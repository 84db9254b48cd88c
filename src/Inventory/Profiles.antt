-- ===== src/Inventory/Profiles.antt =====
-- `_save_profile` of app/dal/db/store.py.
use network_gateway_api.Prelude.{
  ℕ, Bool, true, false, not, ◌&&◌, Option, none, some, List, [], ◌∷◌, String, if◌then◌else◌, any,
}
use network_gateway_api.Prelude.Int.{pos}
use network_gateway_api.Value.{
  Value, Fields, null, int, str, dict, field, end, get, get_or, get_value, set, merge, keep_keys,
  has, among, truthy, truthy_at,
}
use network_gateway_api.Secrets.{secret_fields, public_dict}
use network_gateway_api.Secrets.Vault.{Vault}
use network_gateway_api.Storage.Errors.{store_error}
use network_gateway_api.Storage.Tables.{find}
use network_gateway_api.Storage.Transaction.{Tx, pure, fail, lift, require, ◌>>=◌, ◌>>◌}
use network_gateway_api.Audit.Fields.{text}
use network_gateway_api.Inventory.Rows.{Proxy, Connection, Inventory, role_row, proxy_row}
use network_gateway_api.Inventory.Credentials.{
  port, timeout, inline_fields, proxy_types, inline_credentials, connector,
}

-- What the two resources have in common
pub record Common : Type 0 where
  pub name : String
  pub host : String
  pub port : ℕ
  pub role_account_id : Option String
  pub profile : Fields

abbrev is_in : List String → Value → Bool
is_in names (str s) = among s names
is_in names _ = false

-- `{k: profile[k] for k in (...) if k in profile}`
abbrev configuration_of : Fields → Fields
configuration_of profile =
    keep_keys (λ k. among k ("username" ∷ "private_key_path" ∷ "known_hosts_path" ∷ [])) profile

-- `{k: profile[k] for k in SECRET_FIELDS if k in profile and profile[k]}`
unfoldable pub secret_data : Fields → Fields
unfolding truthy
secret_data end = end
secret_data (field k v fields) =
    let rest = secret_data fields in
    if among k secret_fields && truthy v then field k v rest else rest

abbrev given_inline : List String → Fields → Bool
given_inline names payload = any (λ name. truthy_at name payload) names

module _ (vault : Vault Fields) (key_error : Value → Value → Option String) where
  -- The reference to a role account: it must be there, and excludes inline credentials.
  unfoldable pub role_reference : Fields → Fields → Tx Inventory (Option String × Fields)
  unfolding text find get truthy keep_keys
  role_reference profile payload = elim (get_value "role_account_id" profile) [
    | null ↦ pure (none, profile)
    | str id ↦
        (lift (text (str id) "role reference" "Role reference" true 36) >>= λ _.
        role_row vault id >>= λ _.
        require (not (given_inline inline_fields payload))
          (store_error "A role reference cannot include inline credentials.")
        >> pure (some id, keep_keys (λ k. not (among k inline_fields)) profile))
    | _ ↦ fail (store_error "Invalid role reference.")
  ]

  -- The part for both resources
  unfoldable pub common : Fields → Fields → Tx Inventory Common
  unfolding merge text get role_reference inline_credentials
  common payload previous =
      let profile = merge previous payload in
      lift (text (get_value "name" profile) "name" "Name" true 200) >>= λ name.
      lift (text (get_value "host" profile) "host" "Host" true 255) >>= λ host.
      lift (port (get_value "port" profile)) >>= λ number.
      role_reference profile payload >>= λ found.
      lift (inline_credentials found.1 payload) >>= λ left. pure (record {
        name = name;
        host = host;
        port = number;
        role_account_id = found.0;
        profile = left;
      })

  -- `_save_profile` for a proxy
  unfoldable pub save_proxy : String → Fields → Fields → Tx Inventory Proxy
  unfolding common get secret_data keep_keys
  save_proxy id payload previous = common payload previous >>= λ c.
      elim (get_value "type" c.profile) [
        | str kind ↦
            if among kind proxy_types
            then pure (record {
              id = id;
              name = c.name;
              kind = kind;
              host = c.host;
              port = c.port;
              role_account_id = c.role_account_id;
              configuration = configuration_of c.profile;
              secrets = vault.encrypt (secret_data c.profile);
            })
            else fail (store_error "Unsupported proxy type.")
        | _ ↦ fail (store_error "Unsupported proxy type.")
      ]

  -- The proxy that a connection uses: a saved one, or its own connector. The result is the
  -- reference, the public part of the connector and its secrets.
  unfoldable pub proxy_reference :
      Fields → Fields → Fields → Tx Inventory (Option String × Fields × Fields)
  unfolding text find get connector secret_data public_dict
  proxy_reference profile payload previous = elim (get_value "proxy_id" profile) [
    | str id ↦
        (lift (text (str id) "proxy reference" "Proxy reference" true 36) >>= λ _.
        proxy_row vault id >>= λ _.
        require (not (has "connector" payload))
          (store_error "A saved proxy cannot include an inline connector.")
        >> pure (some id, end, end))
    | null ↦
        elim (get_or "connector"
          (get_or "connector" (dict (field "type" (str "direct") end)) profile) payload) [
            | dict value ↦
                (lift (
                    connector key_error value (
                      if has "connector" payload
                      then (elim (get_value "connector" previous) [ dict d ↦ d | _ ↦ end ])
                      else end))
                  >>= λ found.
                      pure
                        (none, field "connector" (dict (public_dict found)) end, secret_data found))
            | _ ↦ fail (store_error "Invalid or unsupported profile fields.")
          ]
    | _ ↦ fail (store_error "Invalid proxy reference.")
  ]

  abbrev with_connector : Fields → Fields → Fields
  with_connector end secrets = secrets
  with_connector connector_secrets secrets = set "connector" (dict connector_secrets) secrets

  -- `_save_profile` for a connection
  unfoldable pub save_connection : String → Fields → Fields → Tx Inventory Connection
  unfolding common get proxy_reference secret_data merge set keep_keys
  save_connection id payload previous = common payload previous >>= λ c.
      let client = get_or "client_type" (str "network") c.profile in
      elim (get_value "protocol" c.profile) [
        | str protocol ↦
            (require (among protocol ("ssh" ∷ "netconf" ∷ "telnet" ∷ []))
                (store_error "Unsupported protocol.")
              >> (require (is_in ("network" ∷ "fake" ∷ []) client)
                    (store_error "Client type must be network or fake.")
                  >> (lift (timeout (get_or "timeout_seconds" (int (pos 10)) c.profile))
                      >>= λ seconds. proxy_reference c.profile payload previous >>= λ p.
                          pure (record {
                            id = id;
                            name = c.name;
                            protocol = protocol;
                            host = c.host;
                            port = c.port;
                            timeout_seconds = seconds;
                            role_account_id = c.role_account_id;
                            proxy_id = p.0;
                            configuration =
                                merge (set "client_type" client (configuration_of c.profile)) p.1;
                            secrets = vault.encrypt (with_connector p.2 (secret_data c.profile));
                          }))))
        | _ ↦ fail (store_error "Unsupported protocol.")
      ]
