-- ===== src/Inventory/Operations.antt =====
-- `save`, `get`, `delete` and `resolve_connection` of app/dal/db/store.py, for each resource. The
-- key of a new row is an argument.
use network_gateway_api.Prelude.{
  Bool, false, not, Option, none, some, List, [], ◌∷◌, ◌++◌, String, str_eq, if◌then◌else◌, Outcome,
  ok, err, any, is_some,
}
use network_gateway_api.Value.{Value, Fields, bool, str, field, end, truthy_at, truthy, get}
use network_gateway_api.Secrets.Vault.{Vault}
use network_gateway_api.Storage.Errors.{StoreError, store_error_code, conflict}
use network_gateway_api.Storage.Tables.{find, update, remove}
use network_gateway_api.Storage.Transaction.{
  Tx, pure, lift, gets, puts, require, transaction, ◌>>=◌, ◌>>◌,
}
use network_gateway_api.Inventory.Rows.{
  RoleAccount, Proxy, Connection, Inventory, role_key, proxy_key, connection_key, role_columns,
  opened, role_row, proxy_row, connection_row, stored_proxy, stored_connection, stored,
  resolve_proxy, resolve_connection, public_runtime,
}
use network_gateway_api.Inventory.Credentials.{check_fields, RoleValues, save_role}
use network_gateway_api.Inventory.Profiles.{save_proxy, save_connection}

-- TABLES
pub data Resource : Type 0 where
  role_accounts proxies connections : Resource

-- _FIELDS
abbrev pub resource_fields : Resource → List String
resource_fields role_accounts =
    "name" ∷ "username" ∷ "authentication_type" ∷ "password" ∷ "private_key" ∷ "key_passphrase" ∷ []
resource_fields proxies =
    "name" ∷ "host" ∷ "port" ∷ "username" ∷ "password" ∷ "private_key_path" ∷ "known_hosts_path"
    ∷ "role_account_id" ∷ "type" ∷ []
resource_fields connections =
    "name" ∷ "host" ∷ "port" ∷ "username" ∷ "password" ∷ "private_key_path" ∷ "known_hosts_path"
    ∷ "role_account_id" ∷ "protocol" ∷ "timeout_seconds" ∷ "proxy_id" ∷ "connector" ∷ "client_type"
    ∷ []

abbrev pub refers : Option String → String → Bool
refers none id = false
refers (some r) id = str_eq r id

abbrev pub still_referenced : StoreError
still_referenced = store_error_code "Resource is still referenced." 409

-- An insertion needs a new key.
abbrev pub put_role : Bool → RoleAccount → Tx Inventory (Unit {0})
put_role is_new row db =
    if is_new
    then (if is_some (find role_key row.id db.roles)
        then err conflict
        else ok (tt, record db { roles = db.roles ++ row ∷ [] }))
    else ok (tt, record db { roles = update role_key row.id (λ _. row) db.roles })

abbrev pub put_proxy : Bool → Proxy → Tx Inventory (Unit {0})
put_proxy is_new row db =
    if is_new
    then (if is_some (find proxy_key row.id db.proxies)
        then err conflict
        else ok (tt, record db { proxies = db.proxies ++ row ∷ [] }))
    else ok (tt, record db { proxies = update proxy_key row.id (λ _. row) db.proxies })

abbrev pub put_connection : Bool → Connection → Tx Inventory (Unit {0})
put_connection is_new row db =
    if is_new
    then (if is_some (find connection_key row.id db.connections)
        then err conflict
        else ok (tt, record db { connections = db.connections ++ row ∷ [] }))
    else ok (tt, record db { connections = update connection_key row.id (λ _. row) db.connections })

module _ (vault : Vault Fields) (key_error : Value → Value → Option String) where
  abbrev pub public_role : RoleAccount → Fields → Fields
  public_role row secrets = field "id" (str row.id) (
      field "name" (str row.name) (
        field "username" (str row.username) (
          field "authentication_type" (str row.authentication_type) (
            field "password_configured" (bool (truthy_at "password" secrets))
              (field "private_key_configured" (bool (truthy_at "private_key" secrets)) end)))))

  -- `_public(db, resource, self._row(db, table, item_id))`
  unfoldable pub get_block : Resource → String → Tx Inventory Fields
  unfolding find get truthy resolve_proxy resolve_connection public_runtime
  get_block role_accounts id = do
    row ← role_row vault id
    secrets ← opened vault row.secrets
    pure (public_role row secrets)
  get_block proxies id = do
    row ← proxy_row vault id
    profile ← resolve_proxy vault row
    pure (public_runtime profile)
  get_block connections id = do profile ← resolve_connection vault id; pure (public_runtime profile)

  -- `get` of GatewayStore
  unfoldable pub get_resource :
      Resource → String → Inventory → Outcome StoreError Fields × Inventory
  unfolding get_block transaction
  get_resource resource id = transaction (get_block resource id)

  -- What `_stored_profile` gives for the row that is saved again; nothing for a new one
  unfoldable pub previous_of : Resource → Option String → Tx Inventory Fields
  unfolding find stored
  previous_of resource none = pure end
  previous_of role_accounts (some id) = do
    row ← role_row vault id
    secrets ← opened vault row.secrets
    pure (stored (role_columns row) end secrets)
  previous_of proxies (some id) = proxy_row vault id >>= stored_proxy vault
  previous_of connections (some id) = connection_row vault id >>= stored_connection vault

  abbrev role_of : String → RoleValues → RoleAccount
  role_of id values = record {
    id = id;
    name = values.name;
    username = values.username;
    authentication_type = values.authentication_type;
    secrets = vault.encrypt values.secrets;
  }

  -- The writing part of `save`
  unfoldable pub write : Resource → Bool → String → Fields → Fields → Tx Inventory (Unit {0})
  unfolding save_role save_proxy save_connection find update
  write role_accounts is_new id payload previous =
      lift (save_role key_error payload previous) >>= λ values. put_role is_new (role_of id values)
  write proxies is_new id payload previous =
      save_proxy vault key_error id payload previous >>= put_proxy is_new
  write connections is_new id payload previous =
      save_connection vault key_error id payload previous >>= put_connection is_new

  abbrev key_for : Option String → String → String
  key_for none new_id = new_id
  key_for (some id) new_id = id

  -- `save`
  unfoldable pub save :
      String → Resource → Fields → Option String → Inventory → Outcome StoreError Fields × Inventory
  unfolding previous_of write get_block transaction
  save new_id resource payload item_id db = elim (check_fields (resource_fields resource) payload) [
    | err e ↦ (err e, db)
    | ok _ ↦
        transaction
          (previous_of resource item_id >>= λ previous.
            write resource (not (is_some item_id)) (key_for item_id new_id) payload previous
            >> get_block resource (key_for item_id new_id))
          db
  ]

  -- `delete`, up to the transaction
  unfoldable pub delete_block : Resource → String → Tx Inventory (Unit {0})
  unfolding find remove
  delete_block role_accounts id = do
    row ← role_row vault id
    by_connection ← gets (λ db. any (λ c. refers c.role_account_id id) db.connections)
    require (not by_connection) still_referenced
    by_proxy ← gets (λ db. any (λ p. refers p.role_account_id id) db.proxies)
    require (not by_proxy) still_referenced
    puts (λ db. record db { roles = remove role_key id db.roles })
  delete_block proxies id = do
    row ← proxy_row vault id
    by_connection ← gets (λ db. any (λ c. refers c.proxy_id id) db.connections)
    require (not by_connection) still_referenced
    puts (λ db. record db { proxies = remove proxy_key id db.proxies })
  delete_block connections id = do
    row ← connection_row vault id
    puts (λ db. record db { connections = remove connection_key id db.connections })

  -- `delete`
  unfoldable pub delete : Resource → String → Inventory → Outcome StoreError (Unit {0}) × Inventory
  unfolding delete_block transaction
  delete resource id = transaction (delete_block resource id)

* * *

How to complete this task:
Scan the entries above. Copy each line that has the string "left".

Solution for this problem:
      lift (inline_credentials found.1 payload) >>= λ left. pure (record {
        profile = left;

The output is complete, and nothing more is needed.